There have been very few millionaires created from the tire recycling industry. Some entrepreneurs may enter with that hope, while many others recycle tires for altruistic reasons.
The physical process of recycling tires and producing marketable secondary commodities has proven to be a challenging one. Within a tire there is steel, polyester threads, carbon black and vulcanized rubber—intertwining materials that are hard to separate.
Persistence and creative research, however, may finally be paying off. Persistence and creativity, combined with a continuing need to simply dispose of massive piles of scrap tires, are beginning to create some established methods and sustained progress in the tire recycling industry.
But can demand actually equal (or exceed) supply in the tire recycling industry? Such situations are beginning to occur in markets where tire-derived fuel is widely used to stoke industrial boilers. Certainly, tire recyclers hope strengthened demand will be beneficial to the long-term health of their industry.
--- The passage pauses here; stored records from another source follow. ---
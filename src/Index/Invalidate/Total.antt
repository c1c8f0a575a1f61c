-- ===== src/Index/Invalidate/Total.antt =====
-- The loop ends where the parent links below the directory have no cycle, and never ends where the
-- directory lies below itself: unlike `resolve_path`, it keeps no set of the entries it has seen.
use quick_find.Prelude.{
  ℕ, zero, suc, ◌+◌, ◌<◌, ◌≡◌, ◌≢◌, inl, inr, refl, sym, ◌∙◌, some, List, [], ◌∷◌, ◌++◌, arith,
  ◌==◌, ==_iff, Bool-cases, Option-cases, All, subst, append_assoc, append-nil,
}
use quick_find.Dict.{get, put, nat_eq}
use quick_find.Index.{DriveEntries, ntfs_root_frn, invalidate_path}
use quick_find.Index.Invalidate.{children_of, extend, invalidate_loop, invalidate_subtree_paths}

-- Each entry lies lower than its parent, but for what lies in the root directory, the root too.
abbrev pub IsForest : (ℕ → ℕ) → DriveEntries → Type 0
IsForest height [] = Unit
IsForest height ((c, e) ∷ d) =
    (e.parent_frn ≢ ntfs_root_frn → (height c < height e.parent_frn) × (c ≢ ntfs_root_frn))
    × IsForest height d

abbrev Lower : (ℕ → ℕ) → ℕ → ℕ → Type 0
Lower height n x = (height x < n) × (x ≢ ntfs_root_frn)

children_of-Lower :
    (height : ℕ → ℕ) (d : DriveEntries) (p : ℕ)
    → IsForest height d
    → p ≢ ntfs_root_frn
    → All (λ x. Lower height (height p) x) (children_of d p)
unfolding children_of
children_of-Lower height [] p h not_root = tt
children_of-Lower height ((c, e) ∷ d) p h not_root = elim (Bool-cases (e.parent_frn == p)) [
  | inl child ↦
      let is : e.parent_frn ≡ p = (==_iff e.parent_frn p).0 child in
      let low = h.0 (λ q. not_root (sym is ∙ q)) in
      rw child (
        (subst (λ z. height c < height z) is low.0, low.1),
        children_of-Lower height d p h.1 not_root,
      )
  | inr other ↦ rw other (children_of-Lower height d p h.1 not_root)
]

extend-All : (P : ℕ → Type 0) (xs stack : List ℕ) → All P xs → All P stack → All P (extend xs stack)
unfolding extend
extend-All P [] stack hx hs = hs
extend-All P (x ∷ xs) stack hx hs = extend-All P xs (x ∷ stack) hx.1 (hx.0, hs)

extend-append : (xs ys zs : List ℕ) → extend xs ys ++ zs ≡ extend xs (ys ++ zs)
unfolding extend
extend-append [] ys zs = refl
extend-append (x ∷ xs) ys zs = extend-append xs (x ∷ ys) zs

module _ (children : ℕ → List ℕ) where
  -- Some rounds take these entries off the stack, whatever lies below them on it.
  abbrev Runs : List ℕ → DriveEntries → Type 0
  Runs xs d =
      (k : ℕ) × (d' : DriveEntries) × ((f : ℕ) (stack : List ℕ)
        → invalidate_loop (k + f) children (xs ++ stack) d ≡ invalidate_loop f children stack d')

  Runs-append :
      (xs ys : List ℕ) (d : DriveEntries)
      → Runs xs d
      → ((d' : DriveEntries) → Runs ys d')
      → Runs (xs ++ ys) d
  Runs-append xs ys d (k, d', r) next =
      let (j, d'', s) = next d' in
      (
        k + j,
        d'',
        λ f stack.
            let split : k + j + f ≡ k + (j + f) = omega arith in
            rw (split, append_assoc xs ys stack) (r (j + f) (ys ++ stack) ∙ s f stack),
      )

  Runs-All :
      (P : ℕ → Type 0) (xs : List ℕ)
      → All P xs
      → ((x : ℕ) (d : DriveEntries) → P x → Runs (x ∷ []) d)
      → (d : DriveEntries) → Runs xs d
  Runs-All P [] h one d = (0, d, λ f stack. let e : 0 + f ≡ f = omega arith in rw e)
  Runs-All P (x ∷ xs) h one d =
      Runs-append (x ∷ []) xs d (one x d h.0) (λ d'. Runs-All P xs h.1 one d')

  Runs-one :
      (x : ℕ) (d : DriveEntries)
      → ((d' : DriveEntries) → Runs (extend (children x) []) d')
      → Runs (x ∷ []) d
  unfolding invalidate_loop
  Runs-one x d below = elim (Option-cases (get d x)) [
    | inl missing ↦
        (1, d, λ f stack. let e : 1 + f ≡ suc f = omega arith in rw (e, missing, invalidate_loop))
    | inr (e, found) ↦
        let (k, d', r) = below (put d x (invalidate_path e)) in
        (
          suc k,
          d',
          λ f stack.
              let q : suc k + f ≡ suc (k + f) = omega arith in
              rw (q, found, invalidate_loop)
                (subst
                  (λ s.
                    invalidate_loop (k + f) children s (put d x (invalidate_path e))
                    ≡ invalidate_loop f children stack d')
                  (extend-append (children x) [] stack) (r f stack)),
        )
  ]

Runs-Lower :
    (height : ℕ → ℕ) (d₀ : DriveEntries)
    → IsForest height d₀
    → (n x : ℕ) (d : DriveEntries) → Lower height n x
    → Runs (λ p. children_of d₀ p) (x ∷ []) d
Runs-Lower height d₀ forest zero x d low = absurd (omega (arith, low.0))
Runs-Lower height d₀ forest (suc n) x d low =
    Runs-one (λ p. children_of d₀ p) x d
      λ d'.
        Runs-All (λ p. children_of d₀ p) (λ y. Lower height (height x) y)
          (extend (children_of d₀ x) [])
          (extend-All (λ y. Lower height (height x) y) (children_of d₀ x) []
            (children_of-Lower height d₀ x forest low.1) tt)
          (λ y a l. Runs-Lower height d₀ forest n y a (omega (arith, l.0, low.0), l.1)) d'

-- Where every entry lies lower than its parent (the entries of the root directory aside), the loop
-- below a directory that is not the root ends.
pub invalidate_subtree_paths-total :
    (height : ℕ → ℕ) (d : DriveEntries) (root : ℕ)
    → IsForest height d
    → root ≢ ntfs_root_frn
    → (f : ℕ) × (d' : DriveEntries) × (invalidate_subtree_paths f d root ≡ some d')
unfolding invalidate_subtree_paths invalidate_loop
invalidate_subtree_paths-total height d root forest not_root =
    let stack = extend (children_of d root) [] in
    let (k, d', r) =
      Runs-All (λ p. children_of d p) (λ y. Lower height (height root) y) stack
        (extend-All (λ y. Lower height (height root) y) (children_of d root) []
          (children_of-Lower height d root forest not_root) tt)
        (λ y a l. Runs-Lower height d forest (height root) y a l) d in
    (
      k + 1,
      d',
      subst (λ s. invalidate_loop (k + 1) (λ p. children_of d p) s d ≡ some d') (append-nil stack)
          (r 1 []),
    )
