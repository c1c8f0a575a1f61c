-- ===== src/Index/Path/Chain.antt =====
-- The walk of `resolve_path` ends on every index, cyclic ones too, and along a chain of parents
-- that reaches the root it finds the names of that chain.
use quick_find.Prelude.{
  ℕ, zero, suc, ◌+◌, ◌≤◌, ◌<◌, ◌≡◌, ◌≢◌, refl, true, false, none, some, List, [], ◌∷◌, arith, ◌==◌,
  ==_iff, if◌then◌else◌, length, Bool-cases, inl, inr, Option-cases, subst, ap,
}
use mathlib.Core.List.{reverse}
use quick_find.Text.{Text, Unicode}
use quick_find.Dict.{Dict, get, nat_eq}
use quick_find.Index.{FileEntry, DriveEntries, ntfs_root_frn, SourceRoots}
use quick_find.Index.Path.{
  seen, walk, walk_fuel, path_parts, entries_of, entries_key, drive_path, resolve_path,
}

-- How many items of the drive have an FRN that was not visited yet.
unseen : List ℕ → DriveEntries → ℕ
unseen visited [] = 0
unseen visited ((k, e) ∷ d) = (if seen k visited then 0 else 1) + unseen visited d

unseen-le :
    (visited : List ℕ) (x : ℕ) (d : DriveEntries) → unseen (x ∷ visited) d ≤ unseen visited d
unfolding unseen seen
unseen-le visited x [] = omega arith
unseen-le visited x ((k, e) ∷ d) = ground (arith, unseen-le visited x d)

-- Visiting an FRN of the drive for the first time leaves fewer to visit.
unseen-lt :
    (visited : List ℕ) (x : ℕ) (d : DriveEntries) (e : FileEntry)
    → get d x ≡ some e
    → seen x visited ≡ false
    → unseen (x ∷ visited) d < unseen visited d
unfolding unseen seen get
unseen-lt visited x [] e found new = cc
unseen-lt visited x ((k, e') ∷ d) e found new =
    ground (arith, unseen-le visited x d, unseen-lt visited x d e, ==_iff k x)

unseen-le-length : (visited : List ℕ) (d : DriveEntries) → unseen visited d ≤ length d
unfolding unseen
unseen-le-length visited [] = omega arith
unseen-le-length visited ((k, e) ∷ d) = ground (arith, unseen-le-length visited d)

walk_total :
    (f : ℕ) (d : DriveEntries) (visited : List ℕ) (x : ℕ)
    → unseen visited d < f
    → walk f d visited x ≢ none
unfolding walk
walk_total zero d visited x h = absurd (omega arith)
walk_total (suc f) d visited x h = elim (Option-cases (get d x)) [
  | inl missing ↦ ground arith
  | inr (e, found) ↦ elim (Bool-cases (seen x visited)) [
    | inl old ↦ ground arith
    | inr new ↦
        ground (arith, unseen-lt visited x d e found new, walk_total f d (x ∷ visited) e.parent_frn)
  ]
]

-- The walk of `resolve_path` ends whatever the parent links are, cycles included: a round for each
-- entry of the drive and one more is enough.
pub walk-ne-none : (d : DriveEntries) (x : ℕ) → walk (walk_fuel d) d [] x ≢ none
walk-ne-none d x = walk_total (walk_fuel d) d [] x (omega (arith, unseen-le-length [] d))

-- Following parents from `x` reaches the root of the volume, past entries of these names.
abbrev pub IsChain : DriveEntries → ℕ → List Text → Type 0
IsChain d x [] = x ≡ ntfs_root_frn
IsChain d x (n ∷ ns) =
    (e : FileEntry) × (get d x ≡ some e)
    × (x ≢ 0)
    × (x ≢ ntfs_root_frn)
    × (e.name ≡ n)
    × IsChain d e.parent_frn ns

-- An FRN has one chain at most.
IsChain-length :
    (d : DriveEntries) (x : ℕ) (ns ms : List Text)
    → IsChain d x ns
    → IsChain d x ms
    → length ns ≡ length ms
IsChain-length d x [] [] h k = refl
IsChain-length d x [] (m ∷ ms) h k = absurd (k.3 h)
IsChain-length d x (n ∷ ns) [] h k = absurd (h.3 k)
IsChain-length d x (n ∷ ns) (m ∷ ms) (e, found, _, _, _, up) (e', found', _, _, _, up') =
    let same : e' ≡ e = cc (found, found') in
    let up'' : IsChain d e.parent_frn ms =
      subst (λ (a : FileEntry). IsChain d a.parent_frn ms) same up' in
    ap suc (IsChain-length d e.parent_frn ns ms up up'')

-- The walk from `x` meets nothing that it visited: those have longer chains.
abbrev Longer : DriveEntries → List ℕ → ℕ → Type 0
Longer d visited n =
    (v : ℕ) (ms : List Text) → seen v visited ≡ true → IsChain d v ms → n < length ms

walk-IsChain :
    (f : ℕ) (d : DriveEntries) (visited : List ℕ) (x : ℕ) (ns r : List Text)
    → IsChain d x ns
    → Longer d visited (length ns)
    → walk f d visited x ≡ some r
    → r ≡ ns
unfolding walk
walk-IsChain zero d visited x ns r c l h = cc
walk-IsChain (suc f) d visited x [] r c l h = elim (Bool-cases (seen x visited)) [
  | inl old ↦ absurd (omega (arith, l x [] old c))
  | inr new ↦ ground arith
]
walk-IsChain (suc f) d visited x (n ∷ ns) r (e, found, not_zero, not_root, name, up) l h =
    elim (Bool-cases (seen x visited)) [
      | inl old ↦ absurd (omega (arith, l x (n ∷ ns) old (e, found, not_zero, not_root, name, up)))
      | inr new ↦ elim (Option-cases (walk f d (x ∷ visited) e.parent_frn)) [
        | inl stuck ↦ ground arith
        | inr (rest, more) ↦
            let ih = walk-IsChain f d (x ∷ visited) e.parent_frn ns rest up later more in
            ground (arith, ih)
      ]
    ]
  where
    later : Longer d (x ∷ visited) (length ns)
    later v ms old c = elim (Bool-cases (v == x)) [
      | inl same ↦
          let e' : v ≡ x = (==_iff v x).0 same in
          omega (
            arith,
            IsChain-length d x (n ∷ ns) ms (e, found, not_zero, not_root, name, up)
                (subst (λ y. IsChain d y ms) e' c),
          )
      | inr other ↦ omega (arith, l v ms (ground arith) c)
    ]

pub path_parts-IsChain :
    (d : DriveEntries) (x : ℕ) (ns : List Text) → IsChain d x ns → path_parts d x ≡ reverse ns
unfolding path_parts seen
path_parts-IsChain d x ns c = elim (Option-cases (walk (walk_fuel d) d [] x)) [
  | inl stuck ↦ absurd (walk-ne-none d x stuck)
  | inr (r, found) ↦
      rw (found, path_parts)
        (ap (λ (t : List Text). reverse t)
          (walk-IsChain (walk_fuel d) d [] x ns r c (λ v ms s. cc) found))
]

-- On a drive that is no network or POSIX source, an entry whose parents lead to the root of the
-- volume has the drive's root with the names of that chain, outermost first, as its path. The
-- paths cached in the entries do not enter into it.
pub resolve_path-IsChain :
    (u : Unicode) (join : Text → List Text → Text) (roots : SourceRoots)
    (index : Dict Text DriveEntries) (drive : Text) (x : ℕ) (ns : List Text)
    → roots drive ≡ none
    → IsChain (entries_of index (entries_key u drive)) x ns
    → resolve_path u join roots index drive x ≡ drive_path (entries_key u drive) (reverse ns)
unfolding resolve_path
resolve_path-IsChain u join roots index drive x ns local c =
    rw (local, resolve_path)
      (ap (λ (ps : List Text). drive_path (entries_key u drive) ps)
        (path_parts-IsChain (entries_of index (entries_key u drive)) x ns c))
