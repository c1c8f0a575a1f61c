-- ===== src/Index/Stat.antt =====
-- core/index.py, `FileEntry.extension` and `FileEntry.ensure_stat`.
use quick_find.Prelude.{ℕ, true, Option, none, some, [], ◌∷◌, ◌==◌, if◌then◌else◌}
use quick_find.Text.{Text, Unicode}
use quick_find.Index.{FileEntry, is_dir}
use quick_find.Index.Flat.{get_path}

-- `name.rfind('.')`, as what stands before the last dot and behind it.
unfoldable pub split_last_dot : Text → Option (Text × Text)
split_last_dot [] = none
split_last_dot (c ∷ s) = elim (split_last_dot s) [
  | some (before, after) ↦ some (c ∷ before, after)
  | none ↦ if c == b'.' then some ([], s) else none
]

unfoldable pub extension_of : Option (Text × Text) → Text
extension_of none = []
extension_of (some ([], after)) = []
extension_of (some (c ∷ before, after)) = after

unfoldable pub extension : Unicode → FileEntry → Text
unfolding is_dir extension_of split_last_dot
extension u e = if is_dir e then [] else u.lower (extension_of (split_last_dot e.name))

-- What `os.stat` gives. A time that `datetime.fromtimestamp` refuses is none.
pub record Stat : Type 0 where
  pub st_size : ℕ
  pub st_mtime : Option ℕ
  pub st_ctime : Option ℕ

-- The assignments of `ensure_stat`, up to the first that raises.
unfoldable pub with_stat : FileEntry → Option Stat → FileEntry
with_stat e none = e
with_stat e (some st) = elim st.st_mtime [
  | none ↦ record e { size = st.st_size }
  | some m ↦ elim st.st_ctime [
    | none ↦ record e { size = st.st_size; date_modified = some m }
    | some c ↦ record e { size = st.st_size; date_modified = some m; date_created = some c }
  ]
]

-- `stat` is `os.stat`, none where it raises.
unfoldable pub ensure_stat : (Text → ℕ → Text) → (Text → Option Stat) → FileEntry → FileEntry
unfolding get_path with_stat
ensure_stat resolve stat e =
    if e.stat_loaded
    then e
    else let (path, e') = get_path resolve (record e { stat_loaded = true }) in
      with_stat e' (stat path)
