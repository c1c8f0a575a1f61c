-- ===== src/Index/Usn/Coherent.antt =====
-- After a rename no entry keeps a cached path that its parents no longer lead to.
use quick_find.Prelude.{
  ℕ, zero, suc, ◌≡◌, ◌≢◌, ◌⊎◌, inl, inr, refl, sym, ◌∙◌, false, none, some, List, [], ◌∷◌, arith,
  ◌==◌, ==_iff, Bool-cases, Option-cases, subst, ap, length,
}
use quick_find.Text.{Text}
use quick_find.Dict.{get, put, nat_eq, get-put_self, get-put_ne}
use quick_find.Index.{FileEntry, DriveEntries, invalidate_path, is_dir}
use quick_find.Index.Path.{walk, walk_fuel, path_parts, drive_path}
use quick_find.Index.Invalidate.{extend, invalidate_loop, invalidate_subtree_paths}
use quick_find.Index.Invalidate.Covers.{
  Under, self, down, Under-snoc, Cleared, Touched, invalidate_subtree_paths-Covers,
}
use quick_find.Index.Usn.{UsnRecord, renamed, rename_in}

-- Every cached path is the one that the walk would find.
abbrev pub IsCoherent : Text → DriveEntries → Type 0
IsCoherent key d =
    (k : ℕ) (e : FileEntry) (p : Text)
    → get d k ≡ some e
    → e.path ≡ some p
    → p ≡ drive_path key (path_parts d k)

-- The walk reads names and parents only.
walk-Touched :
    (d d' : DriveEntries)
    → Touched d d'
    → (f : ℕ) (visited : List ℕ) (k : ℕ) → walk f d' visited k ≡ walk f d visited k
unfolding walk invalidate_path
walk-Touched d d' t zero visited k = refl
walk-Touched d d' t (suc f) visited k = split (t k) (λ p. walk-Touched d d' t f (k ∷ visited) p)
  where
    split :
        (get d' k ≡ get d k)
          ⊎ ((e : FileEntry) × (get d k ≡ some e) × (get d' k ≡ some (invalidate_path e)))
        → ((p : ℕ) → walk f d' (k ∷ visited) p ≡ walk f d (k ∷ visited) p)
        → walk (suc f) d' visited k ≡ walk (suc f) d visited k
    split (inl same) ih = elim (Option-cases (get d k)) [
      | inl missing ↦ ground arith
      | inr (e, g) ↦ ground (arith, ih e.parent_frn)
    ]
    split (inr (e, g, g')) ih = ground (arith, ih e.parent_frn)

-- Where one entry `x` was given anew, a walk is the same or starts at or below `x`.
walk-or-Under :
    (d d' : DriveEntries) (x : ℕ)
    → ((j : ℕ) → x ≢ j → get d' j ≡ get d j)
    → (f : ℕ) (visited : List ℕ) (k : ℕ) → (walk f d' visited k ≡ walk f d visited k) ⊎ Under d' x k
unfolding walk
walk-or-Under d d' x same zero visited k = inl refl
walk-or-Under d d' x same (suc f) visited k = elim (Bool-cases (x == k)) [
  | inl at ↦ inr (subst (λ z. Under d' x z) ((==_iff x k).0 at) self)
  | inr off ↦
      let kept : get d' k ≡ get d k = same k (λ q. cc (off, (==_iff x k).1 q)) in
      elim (Option-cases (get d k)) [
        | inl missing ↦ inl (ground arith)
        | inr (e, g) ↦ elim (walk-or-Under d d' x same f (k ∷ visited) e.parent_frn) [
          | inl ih ↦ inl (ground arith)
          | inr u ↦ inr (Under-snoc e u (kept ∙ g) refl)
        ]
      ]
]

length-put :
    (d : DriveEntries) (k : ℕ) (e e' : FileEntry)
    → get d k ≡ some e
    → length (put d k e') ≡ length d
unfolding get put
length-put [] k e e' h = cc
length-put ((j, a) ∷ d) k e e' h = ground (arith, length-put d k e e')

length-loop :
    (f : ℕ) (children : ℕ → List ℕ) (stack : List ℕ) (d d' : DriveEntries)
    → invalidate_loop f children stack d ≡ some d'
    → length d' ≡ length d
unfolding invalidate_loop
length-loop zero children stack d d' h = cc
length-loop (suc f) children [] d d' h = ground arith
length-loop (suc f) children (x ∷ stack) d d' h = elim (Option-cases (get d x)) [
  | inl missing ↦ length-loop f children stack d d' (rw (missing, invalidate_loop) at h)
  | inr (e, g) ↦
      length-loop f children (extend (children x) stack) (put d x (invalidate_path e)) d'
        (rw (g, invalidate_loop) at h)
      ∙ length-put d x e (invalidate_path e) g
]

-- The entries after a rename: everything at or below the renamed entry has no cached path, the
-- rest differs from what was there in no name and no parent.
module _ (d d₁ d₂ : DriveEntries) (x : ℕ) (kept : (j : ℕ) → x ≢ j → get d₁ j ≡ get d j)
    (sizes : length d₁ ≡ length d) (sizes₂ : length d₂ ≡ length d₁) (touched : Touched d₁ d₂)
    (cleared : (y : ℕ) → Under d₁ x y → Cleared d₂ y) where
  path_parts-kept :
      (k : ℕ)
      → walk (walk_fuel d) d₁ [] k ≡ walk (walk_fuel d) d [] k
      → path_parts d₂ k ≡ path_parts d k
  unfolding path_parts
  path_parts-kept k same =
      let fuel : walk_fuel d₂ ≡ walk_fuel d = omega arith in
      rw (fuel, walk-Touched d₁ d₂ touched (walk_fuel d) [] k, same, path_parts)

  IsCoherent-kept : (key : Text) → IsCoherent key d → IsCoherent key d₂
  unfolding invalidate_path
  IsCoherent-kept key coherent k e p g path =
      cases (touched k) (walk-or-Under d d₁ x kept (walk_fuel d) [] k)
    where
      cases :
          (get d₂ k ≡ get d₁ k)
            ⊎ ((a : FileEntry) × (get d₁ k ≡ some a) × (get d₂ k ≡ some (invalidate_path a)))
          → (walk (walk_fuel d) d₁ [] k ≡ walk (walk_fuel d) d [] k) ⊎ Under d₁ x k
          → p ≡ drive_path key (path_parts d₂ k)
      cases t (inr u) = let none_left = cleared k u e g in cc
      cases (inr (a, h, h')) (inl same) = cc
      cases (inl t) (inl same) = elim (Bool-cases (x == k)) [
        | inl at ↦
            let none_left = cleared k (subst (λ z. Under d₁ x z) ((==_iff x k).0 at) self) e g in cc
        | inr off ↦
            let old : get d k ≡ some e =
              sym (kept k (λ q. cc (off, (==_iff x k).1 q))) ∙ (sym t ∙ g) in
            coherent k e p old path ∙ ap (λ ps. drive_path key ps) (sym (path_parts-kept k same))
      ]

-- Under a file there is nothing but the file.
Under-file :
    (d : DriveEntries) (x y : ℕ)
    → ((c : ℕ) (a : FileEntry) → get d c ≡ some a → a.parent_frn ≢ x)
    → Under d x y
    → x ≡ y
Under-file d x y leaf self = refl
Under-file d x y leaf (down {c = c} a g p u) = absurd (leaf c a g p)

module _ (d : DriveEntries) (r : UsnRecord) (e : FileEntry) (is : get d r.frn ≡ some e) where
  abbrev pub moved : DriveEntries
  moved = put d r.frn (renamed e r)

  moved-Cleared : Cleared moved r.frn
  unfolding renamed
  moved-Cleared a h =
      let q : some (renamed e r) ≡ some a = sym (get-put_self d r.frn (renamed e r)) ∙ h in cc

  moved-kept : (j : ℕ) → r.frn ≢ j → get moved j ≡ get d j
  moved-kept j ne = get-put_ne d r.frn j (renamed e r) ne

  Touched-Cleared_at :
      (d₂ : DriveEntries) (y : ℕ) → Touched moved d₂ → Cleared moved y → Cleared d₂ y
  unfolding invalidate_path
  Touched-Cleared_at d₂ y t c a h = split (t y)
    where
      split :
          (get d₂ y ≡ get moved y)
            ⊎ ((b : FileEntry) × (get moved y ≡ some b) × (get d₂ y ≡ some (invalidate_path b)))
          → a.path ≡ none
      split (inl p) = c a (sym p ∙ h)
      split (inr (b, p, q)) = cc

  -- If every cached path of a drive is the one that the parents lead to, this is so after a rename
  -- or a move that ends, of a directory or of a file that nothing lies below.
  pub rename_in-IsCoherent :
      (fuel : ℕ) (key : Text) (d₂ : DriveEntries)
      → (is_dir e ≡ false → (c : ℕ) (a : FileEntry) → get moved c ≡ some a → a.parent_frn ≢ r.frn)
      → IsCoherent key d
      → rename_in fuel d r e ≡ some d₂
      → IsCoherent key d₂
  unfolding rename_in
  rename_in-IsCoherent fuel key d₂ leaf coherent h = elim (Bool-cases (is_dir e)) [
    | inl directory ↦
        let loop : invalidate_subtree_paths fuel moved r.frn ≡ some d₂ = ground arith in
        let (below, touched) = invalidate_subtree_paths-Covers fuel moved r.frn loop in
        IsCoherent-kept d moved d₂ r.frn moved-kept (length-put d r.frn e (renamed e r) is)
          (unfold invalidate_subtree_paths in length-loop fuel _ _ moved d₂ loop) touched
          (λ y u. at_or_below d₂ touched below y u) key coherent
    | inr file ↦
        let same : moved ≡ d₂ = ground arith in
        subst (λ z. IsCoherent key z) same
          (IsCoherent-kept d moved moved r.frn moved-kept (length-put d r.frn e (renamed e r) is)
            refl (λ k. inl refl)
            (λ y u.
              subst (λ z. Cleared moved z) (Under-file moved r.frn y (leaf file) u) moved-Cleared)
            key coherent)
  ]
    where
      at_or_below :
          (d₃ : DriveEntries)
          → Touched moved d₃
          → ((c y : ℕ) (a : FileEntry)
              → get moved c ≡ some a
              → a.parent_frn ≡ r.frn
              → Under moved c y
              → Cleared d₃ y)
          → (y : ℕ) → Under moved r.frn y
          → Cleared d₃ y
      at_or_below d₃ t below y u = go y r.frn refl u
        where
          go : (z x : ℕ) → x ≡ r.frn → Under moved x z → Cleared d₃ z
          go z x q self =
              subst (λ w. Cleared d₃ w) (sym q) (Touched-Cleared_at d₃ r.frn t moved-Cleared)
          go z x q (down {c = c} a g p v) = below c z a g (p ∙ q) v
With the tire piles finally beginning to grow smaller in size and number, recyclers will be anxious to see if scrap tires and the products created from them can become commodities that can produce profit margins up and down the chain from collection to end markets.
CURRENT MARKETS
Tire-derived fuel (TDF) users remain by far the most consistent consumers of scrap tires. Certain industrial and utility customers have found that burning chips derived from scrap tires has been a cost-effective energy source.
One reason the fuel is affordable is because the supply of “raw materials” (scrap tires) is not in question right now. Abatement projects continue in several states to remove large piles of scrap tires that have accumulated in the past decade and beyond.
Only this September a removal order was issued by the California Integrated Waste Management Board (CIWMB), Sacramento, to remove a 40-acre tire pile estimated to contain seven million scrap tires.
“Our experiences with this site over the past few years have been a frustrating disappointment,” says CIWMB chairman Don Eaton. The 40-acre site is just off Interstate 5 in Stanislaus County. According to CIWMB, in some places the pile is estimated to be six stories deep with tires pancaked flat at the bottoms of ravines and swales throughout the parcel. The owners of the gigantic pile had allegedly been acquiring the tires for the purpose of recycling them.
While such piles continue to bring notoriety to the recycling industry, their total number may finally be declining.
Robert Davis is CEO of GreenMan Technologies Inc., Lynnfield, Mass., one of the nation’s largest tire recycling companies. According to Davis, the abatement of tire piles makes up an increasingly smaller portion of his company’s feedstock, while obtaining newly-generated scrap tires becomes more critical.
“We don’t base our business on abatement,” notes Davis, who adds that, “85% to 90% of our business comes from the current generation of scrap tires.” The company does still sign abatement contracts, however. “We’re working on a 1.3 million tire pile in Georgia, a three million tire pile in Iowa and another in South Dakota with just under one million tires. We sometimes have to go a little further afield to find large piles. The piles near our facilities are dwindling.”
As far as procuring newly-generated scrap tires, Davis says GreenMan “works with retailers to put collection equipment there, or we’ll pick up the tires if they don’t have room for a roll-off cage or trailer.” He says the company also works with some county and municipal governments to locate centralized drop-off points for scrap tires.
According to Davis, the company’s product is in great enough demand that the processing capacity at all three of its facilities (in Georgia, South Carolina, and Minnesota) has been expanded. “We’ve increased the number of markets we supply chips to,” he says, listing TDF (the largest), along with some civil engineering and crumbing applications. “Our problem is not so much end markets as it is supply. We have to find the tires or chips to meet the demand we’ve established. We’re in a very good position—our chips move to market continuously.”
For a tire recycler to be more concerned about the supply side rather than the demand side seems like an extraordinary development in the industry, but Davis is not alone. At Tire & Rubber Recyclers Inc., Pompano Beach, Fla., David W. Squier has found it increasingly difficult to procure tire retreaders’ buffings in a highly competitive market.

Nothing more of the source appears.